Daniel A H Peach et al. PLoS One.

Abstract

Inflorescence patterns of ultraviolet (UV) absorption and UV-reflection are attractive to many insect pollinators. To understand whether UV inflorescence cues affect the attraction of nectar-foraging mosquitoes, we worked with the common house mosquito, Culex pipiens and with two plant species exhibiting floral UV cues: the tansy, Tanacetum vulgare, and the common hawkweed Hieraciumm lachenalii. Electroretinograms revealed that Cx. pipiens eyes can sense UV wavelengths, with peak sensitivity at 335 nm. Behavioural bioassays divulged that UV inflorescence cues enhance the attractiveness of inflorescence odour.
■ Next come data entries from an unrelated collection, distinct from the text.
-- ===== src/Spill/Memory/Whole.antt =====
-- The calls of the sink, from the first batch to `finish`: contents and invariant.
use mathlib.Core.List.{Perm, append_assoc, append-nil, perm_append_comm}
use mathlib.Core.List.Perm
use forge_ann.Prelude.{
  ℕ, suc, ◌^◌, ◌<◌, ◌≡◌, refl, ap, ◌∙◌, sym, false, leb, ◌==◌, Bool-cases, Option-cases, inl, inr,
  some, List, [], ◌∷◌, ◌++◌, map, length, All, All-append, arith,
}
use forge_ann.Prelude.Results.{ok}
use forge_ann.Prelude.Sorting.{sort_by, sort_by-perm, length-sort_by}
use forge_ann.Spill.{PendingEdge, SpillRecord}
use forge_ann.Spill.Memory.{
  Buffers, InMemorySpillSegment, InMemorySpillEdgeSink, by_src, buffer_of, extend_buffer,
  take_buffer, make_segment, flush_memory_shard_buffer_to_segment, buffer_length, flush_group,
  flush_groups, flush_pending_edges,
}
use forge_ann.Spill.Memory.Contents.{
  record_of, buffered, spilled, contents, IsOfShard, IsBuffer, IsSegment, IsSink, encode_lem,
}
use forge_ann.Spill.Memory.Flush.{
  perm_front, extend_buffer_lem, extend_buffer-AreDistinct, shard_ids-take_buffer, take_buffer_lem,
  make_segment-IsSegment,
}

-- The same contents, the same shards.
pub record Keeps (s s' : InMemorySpillEdgeSink) : Type 0 where
  pub sink : IsSink s'
  pub points : s'.shard_points ≡ s.shard_points
  pub held : Perm (contents s') (contents s)

spilled-append :
    (xs : List InMemorySpillSegment) (s : InMemorySpillSegment)
    → spilled (xs ++ (s ∷ [])) ≡ spilled xs ++ s.records
spilled-append [] s = append-nil s.records
spilled-append (x ∷ xs) s =
    ap (λ l. x.records ++ l) (spilled-append xs s)
    ∙ sym (append_assoc x.records (spilled xs) s.records)

-- The segment that is cut holds what the buffer held.
cut_perm :
    (rest spilt buffer sorted whole : List SpillRecord)
    → Perm sorted buffer
    → Perm whole (buffer ++ rest)
    → Perm (rest ++ (spilt ++ sorted)) (whole ++ spilt)
cut_perm rest spilt buffer sorted whole p q =
    Perm.trans (rw (← append_assoc rest spilt sorted) (perm_append_comm (rest ++ spilt) sorted)) (
      Perm.trans (Perm.append_right (rest ++ spilt) p)
        (rw (← append_assoc buffer rest spilt) (Perm.append_right spilt (Perm.symm q))))

-- A buffer that is not empty becomes a segment.
cut_lem :
    (s : InMemorySpillEdgeSink) (shard : ℕ)
    → IsSink s
    → (buffer : List SpillRecord) → buffer_of shard s.buffers_by_shard ≡ some buffer
    → 0 < length buffer
    → Keeps s (record s {
      buffers_by_shard = take_buffer shard s.buffers_by_shard;
      segments = s.segments ++ (make_segment shard buffer ∷ []);
    })
unfolding make_segment
cut_lem s shard v buffer e full =
    let (mine, others, p) = take_buffer_lem s.shard_points shard s.buffers_by_shard e v.buffers in
    let whole = length-sort_by by_src buffer in
    let segment = make_segment-IsSegment s.shard_points shard buffer (omega arith) mine in
    record {
      sink = record {
        positive = v.positive;
        buffers = others;
        distinct = rw (shard_ids-take_buffer shard s.buffers_by_shard) v.distinct;
        cut =
            All-append (IsSegment s.shard_points) s.segments (make_segment shard buffer ∷ []) v.cut
              (segment, tt);
      };
      points = refl;
      held = rw (spilled-append s.segments (make_segment shard buffer)) (
          cut_perm (buffered (take_buffer shard s.buffers_by_shard)) (spilled s.segments) buffer
            (sort_by by_src buffer) (buffered s.buffers_by_shard) (sort_by-perm by_src buffer) p);
    }

pub flush_lem :
    (s : InMemorySpillEdgeSink) (shard : ℕ)
    → IsSink s
    → Keeps s (flush_memory_shard_buffer_to_segment s shard)
unfolding flush_memory_shard_buffer_to_segment
flush_lem s shard v = elim (Option-cases (buffer_of shard s.buffers_by_shard)) [
  | inl gone ↦
      rw (flush_memory_shard_buffer_to_segment, gone)
        (record { sink = v; points = refl; held = Perm.refl (contents s) })
  | inr (buffer, e) ↦ elim (Bool-cases (length buffer == 0)) [
    | inl empty ↦
        rw (flush_memory_shard_buffer_to_segment, e, empty)
          (record { sink = v; points = refl; held = Perm.refl (contents s) })
    | inr full ↦
        rw (flush_memory_shard_buffer_to_segment, e, full)
          (cut_lem s shard v buffer e (ground arith))
  ]
]

extend_lem :
    (s : InMemorySpillEdgeSink) (shard : ℕ) (new : List SpillRecord)
    → IsSink s
    → All (IsOfShard s.shard_points shard) new
    → let s' = record s { buffers_by_shard = extend_buffer shard new s.buffers_by_shard } in
      IsSink s' × Perm (contents s') (new ++ contents s)
extend_lem s shard new v a =
    let (b, p) = extend_buffer_lem s.shard_points shard new s.buffers_by_shard a v.buffers in
    (
      record {
        positive = v.positive;
        buffers = b;
        distinct = extend_buffer-AreDistinct shard new s.buffers_by_shard v.distinct;
        cut = v.cut;
      },
      rw (← append_assoc new (buffered s.buffers_by_shard) (spilled s.segments))
          (Perm.append_right (spilled s.segments) p),
    )

-- More contents, the same shards.
pub record Gains (s : InMemorySpillEdgeSink) (new : List SpillRecord) (s' : InMemorySpillEdgeSink)
    : Type 0 where
  pub sink : IsSink s'
  pub points : s'.shard_points ≡ s.shard_points
  pub held : Perm (contents s') (new ++ contents s)

flush_group_lem :
    (s : InMemorySpillEdgeSink) (shard : ℕ) (records : List SpillRecord)
    → IsSink s
    → All (IsOfShard s.shard_points shard) records
    → Gains s records (flush_group s (shard, records))
unfolding flush_group
flush_group_lem s shard records v p =
    let (w, q) = extend_lem s shard records v p in
    let extended = record s { buffers_by_shard = extend_buffer shard records s.buffers_by_shard } in
    let cut = flush_lem extended shard w in
    elim (Bool-cases
      (leb s.flush_threshold_edges (buffer_length shard extended.buffers_by_shard))) [
        | inl full ↦
            rw (flush_group, full)
              (record { sink = cut.sink; points = cut.points; held = Perm.trans cut.held q })
        | inr more ↦ rw (flush_group, more) (record { sink = w; points = refl; held = q })
      ]

pub regroup :
    (new later old mid final : List SpillRecord)
    → Perm mid (new ++ old)
    → Perm final (later ++ mid)
    → Perm final ((new ++ later) ++ old)
regroup new later old mid final p q =
    rw (append_assoc new later old)
      (Perm.trans q (Perm.trans (Perm.append_left later p) (perm_front later new old)))

-- Groups go to the buffers one after the other.
flush_groups_lem :
    (s : InMemorySpillEdgeSink) (groups : Buffers)
    → IsSink s
    → All (IsBuffer s.shard_points) groups
    → Gains s (buffered groups) (flush_groups s groups)
unfolding flush_groups
flush_groups_lem s [] v a = record { sink = v; points = refl; held = Perm.refl (contents s) }
flush_groups_lem s ((shard, records) ∷ groups) v (p, a) =
    let one = flush_group_lem s shard records v p in
    let next = flush_group s (shard, records) in
    let more = flush_groups_lem next groups one.sink (rw one.points a) in
    record {
      sink = more.sink;
      points = more.points ∙ one.points;
      held = regroup records (buffered groups) (contents s) (contents next) _ one.held more.held;
    }

pub flush_pending_edges_lem :
    (s : InMemorySpillEdgeSink) (edges : List PendingEdge)
    → IsSink s
    → All (λ e. e.p < 2 ^ 32) edges
    → (s' : InMemorySpillEdgeSink) × (flush_pending_edges s edges ≡ ok s')
      × Gains s (map record_of edges) s'
unfolding flush_pending_edges
flush_pending_edges_lem s [] v a =
    (s, refl, record { sink = v; points = refl; held = Perm.refl (contents s) })
flush_pending_edges_lem s (edge ∷ edges) v a =
    let (groups, e, p, b) = encode_lem s.shard_points (edge ∷ edges) v.positive a in
    let more = flush_groups_lem s groups v b in
    let some_edges : (suc (length edges) == 0) ≡ false = ground arith in
    (
      flush_groups s groups,
      rw (some_edges, e) refl,
      record {
        sink = more.sink;
        points = more.points;
        held = Perm.trans more.held (Perm.append_right (contents s) p);
      },
    )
In the presence of natural floral odour, female Cx. pipiens were attracted to floral patterns of UV-absorption and UV-reflection but preferred uniformly UV-dark inflorescences. Moreover, Cx. pipiens females preferred UV-dark and black inflorescence models to UV-dark and yellow inflorescence models. With feathers and pelts of many avian and mammalian hosts also being UV-dark and dark-coloured, foraging Cx. pipiens females may respond to analogous visual cues when they seek nectar and vertebrate blood resources.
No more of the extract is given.